050/100 aka 190/365

DREAMS AND DAYS
Word Count: 466

There is a little boy who goes to sleep scared every night. He has heard that dreams can become real. He is afraid that the monsters in his dreams, the one that flies with black bat wings the span of his house, and the one that’s faster than a cheetah but looks like a dinosaur and has teeth the length of the little boy himself, will someday find him in his bedroom even though his mother makes him keep the door closed now.

The monsters change according to what stories his mother tells him as he settles into bed. She smells like apricots and her voice is like nectar blanketing over him. She doesn’t read from books, she makes them up herself. She doesn’t tell him stories about evil beings and scary things; she tells him stories of pebbled brooks and fields of waving grass and treasures hiding in the places no one looks to find them. She is soft and warm and he thinks she is beautiful. She doesn’t know that he sees monsters in between her words.

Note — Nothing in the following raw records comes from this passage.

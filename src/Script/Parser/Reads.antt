-- ===== src/Script/Parser/Reads.antt =====
-- What a function of the parser promises: it takes tokens from the front and never the end token, it
-- counts the nodes that it builds, and stops at the limit.
use laskah.Prelude.{
  ℕ, ◌+◌, ◌≤◌, ◌≡◌, refl, Bool, true, false, List, [], ◌∷◌, drop, length, leb, arith, leb→le,
}
use laskah.Prelude.Text.{Text}
use laskah.Script.Outcome.{Fault, Outcome, ok, Yields, value, refused, Yields-if}
use laskah.Script.Lexer.{
  Kind, eof, ident, number, string, template, punct, Token, is_eof_kind, kind_weight, weight,
}
use laskah.Script.Lexer.Enough.{Ended}
use laskah.Script.Syntax.{Node, Stmt}
use laskah.Script.Parser.{
  Parser, Again, max_nodes, kind_of, cur_kind, count_node, punct_is, word_is, is_ident, is_punct,
  moved, skip_punct, expect_punct, take_name,
}
use laskah.Script.Parser.Sizes.{node_size, stmt_size, NodeIsClean, StmtIsClean}

module _ {R : Type 0} where
  pub record Good (p : Parser R) : Type 0 where
    pub ended : Ended p.tokens
    pub bounded : p.nodes ≤ max_nodes

  -- From `p` to `p'` at least `d` tokens were taken, and the count rose by at least `n` less `b`.
  pub record Reads (d n b : ℕ) (p p' : Parser R) : Type 0 where
    pub good : Good p'
    pub shorter : weight p'.tokens + d ≤ weight p.tokens
    pub counted : p.nodes + n ≤ p'.nodes + b

  pub kind_weight-positive : (k : Kind R) → 1 ≤ kind_weight k
  kind_weight-positive eof = omega arith
  kind_weight-positive (ident name) = omega arith
  kind_weight-positive (number v) = omega arith
  kind_weight-positive (string text) = omega arith
  kind_weight-positive (template chunks exprs) = omega arith
  kind_weight-positive (punct text) = omega arith

  pub weight-positive : (p : Parser R) → Good p → 1 ≤ weight p.tokens
  weight-positive p g = from p.tokens g.ended
    where
      from : (ts : List (Token R)) → Ended ts → 1 ≤ weight ts
      from [] h = absurd h
      from (t ∷ ts) h = omega (arith, kind_weight-positive t.kind)

  -- The token at the front is not the end token: it can be taken.
  pub moved-Reads :
      (p : Parser R) → Good p → is_eof_kind (cur_kind p) ≡ false → Reads 1 0 0 p (moved p)
  moved-Reads p g e = from p.tokens g.ended e
    where
      from :
          (ts : List (Token R))
          → Ended ts
          → is_eof_kind (kind_of ts) ≡ false
          → Reads 1 0 0 (record p { tokens = ts }) (record p { tokens = drop 1 ts })
      from [] h e' = absurd h
      from (t ∷ ts) h e' = record {
        good = record { ended = rw e' at h; bounded = g.bounded };
        shorter = omega (arith, kind_weight-positive t.kind);
        counted = omega arith;
      }

  pub punct_is→token : (text : Text) (k : Kind R) → punct_is text k ≡ true → is_eof_kind k ≡ false
  unfolding punct_is
  punct_is→token text (punct t) e = refl
  punct_is→token text eof e = cc
  punct_is→token text (ident name) e = refl
  punct_is→token text (number v) e = refl
  punct_is→token text (string t) e = refl
  punct_is→token text (template chunks exprs) e = refl

  pub word_is→token : (word : Text) (k : Kind R) → word_is word k ≡ true → is_eof_kind k ≡ false
  unfolding word_is
  word_is→token word eof e = cc
  word_is→token word (punct t) e = refl
  word_is→token word (ident name) e = refl
  word_is→token word (number v) e = refl
  word_is→token word (string t) e = refl
  word_is→token word (template chunks exprs) e = refl

  pub is_ident→token : (k : Kind R) → is_ident k ≡ true → is_eof_kind k ≡ false
  is_ident→token eof e = cc
  is_ident→token (punct t) e = refl
  is_ident→token (ident name) e = refl
  is_ident→token (number v) e = refl
  is_ident→token (string t) e = refl
  is_ident→token (template chunks exprs) e = refl

  pub stay-Reads : (p : Parser R) → Good p → Reads 0 0 0 p p
  stay-Reads p g = record { good = g; shorter = omega arith; counted = omega arith }

  pub count_node-Reads :
      (p : Parser R) → Good p → Yields (λ (x : Unit × Parser R). Reads 0 1 0 p x.1) (count_node p)
  unfolding count_node
  count_node-Reads p g =
      Yields-if (leb (p.nodes + 1) max_nodes)
        (λ e. value (record {
          good = record { ended = g.ended; bounded = leb→le (p.nodes + 1) max_nodes e };
          shorter = omega arith;
          counted = omega arith;
        }))
        (λ _. refused)

  pub skip_punct-Reads :
      (text : Text) (p : Parser R)
      → Good p
      → Yields (λ (x : Bool × Parser R). Reads 0 0 0 p x.1) (skip_punct text p)
  unfolding skip_punct
  skip_punct-Reads text p g =
      Yields-if (is_punct text p)
        (λ e. value (less (moved-Reads p g (punct_is→token text (cur_kind p) e))))
        (λ _. value (stay-Reads p g))
    where
      less : Reads 1 0 0 p (moved p) → Reads 0 0 0 p (moved p)
      less r = record { good = r.good; shorter = omega arith; counted = r.counted }

  pub expect_punct-Reads :
      (text : Text) (p : Parser R)
      → Good p
      → Yields (λ (x : Unit × Parser R). Reads 1 0 0 p x.1) (expect_punct text p)
  unfolding expect_punct
  expect_punct-Reads text p g =
      Yields-if (is_punct text p)
        (λ e. value (moved-Reads p g (punct_is→token text (cur_kind p) e))) (λ _. refused)

  pub take_name-Reads :
      (w : ℕ → Fault) (p : Parser R)
      → Good p
      → Yields (λ (x : Text × Parser R). Reads 1 0 0 p x.1) (take_name w p)
  unfolding take_name
  take_name-Reads w p g =
      Yields-if (is_ident (cur_kind p))
        (λ e. value (moved-Reads p g (is_ident→token (cur_kind p) e))) (λ _. refused)

  -- After a comma the loop goes on, otherwise it ends.
  pub go_on :
      {A : Type 0} (Q : A × Parser R → Type 0) (comma : Bool) (m : Outcome (A × Parser R)) (v : A)
      (p : Parser R)
      → Yields Q m
      → Q (v, p)
      → Yields Q (elim comma [ true ↦ m | false ↦ ok (v, p) ])
  go_on Q true m v p y q = y
  go_on Q false m v p y q = value q

  -- The promise for an expression, which leaves one count to spare, and for a statement.
  abbrev pub ReadsNode : Parser R → Node R × Parser R → Type 0
  ReadsNode p (v, p') = Reads 1 (node_size v + 1) 0 p p' × NodeIsClean v

  abbrev pub ReadsStmt : Parser R → Stmt R × Parser R → Type 0
  ReadsStmt p (v, p') = Reads 1 (stmt_size v) 0 p p' × StmtIsClean v

  -- The functions called again keep their promise where at most `f` is left to read.
  pub record IsSound (f : ℕ) (r : Again R) : Type 0 where
    pub assign_lem :
        (p : Parser R) → Good p → weight p.tokens ≤ f → Yields (ReadsNode p) (r.assign p)
    pub unary_lem : (p : Parser R) → Good p → weight p.tokens ≤ f → Yields (ReadsNode p) (r.unary p)
    pub statement_lem :
        (p : Parser R) → Good p → weight p.tokens ≤ f → Yields (ReadsStmt p) (r.statement p)
    pub program_lem :
        (source : Text) → length source + 1 ≤ f → Yields NodeIsClean (r.program source)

If he were older, maybe by just a year or two–he’s only six–he might have realized the monsters started coming when his daddy went away. At first he even thought it was his dad come home, a silhouette tall and dark within the slit of light back when his mother left his bedroom door open just that little bit. He remembered calling out, “Daddy!” but the door would close and whatever had been there would blend into the night-black room.

After a while, the monsters changed in shape and form. He heard their booming voices through the walls. That’s what usually woke him up and if he cried out, the dreams he’d dragged into awakening would stop making noise and go away.

The little boy accepted fear of sleeping and then the fear of waking and finding all his dreams still there. He worried less and less about it as his world got bigger every day. So much to see, so much to dream about–good things that kept the monsters away. Soon he didn’t even think about them anymore.

Then one day his mother introduced him to a man with gleaming teeth and a pot belly that overhung his pants and with his skinny legs he appeared to be a bird. The man reached out and took the boy’s hand and shook it and said how he had always wanted a son. The man’s hand was cold and hard. His eyes were dark and piggy. The boy pulled his hand away, wanting desperately to speak, to say something that would make this newest monster go back into the dreams, disappear back into the darkness where the boy was sure he’d come from.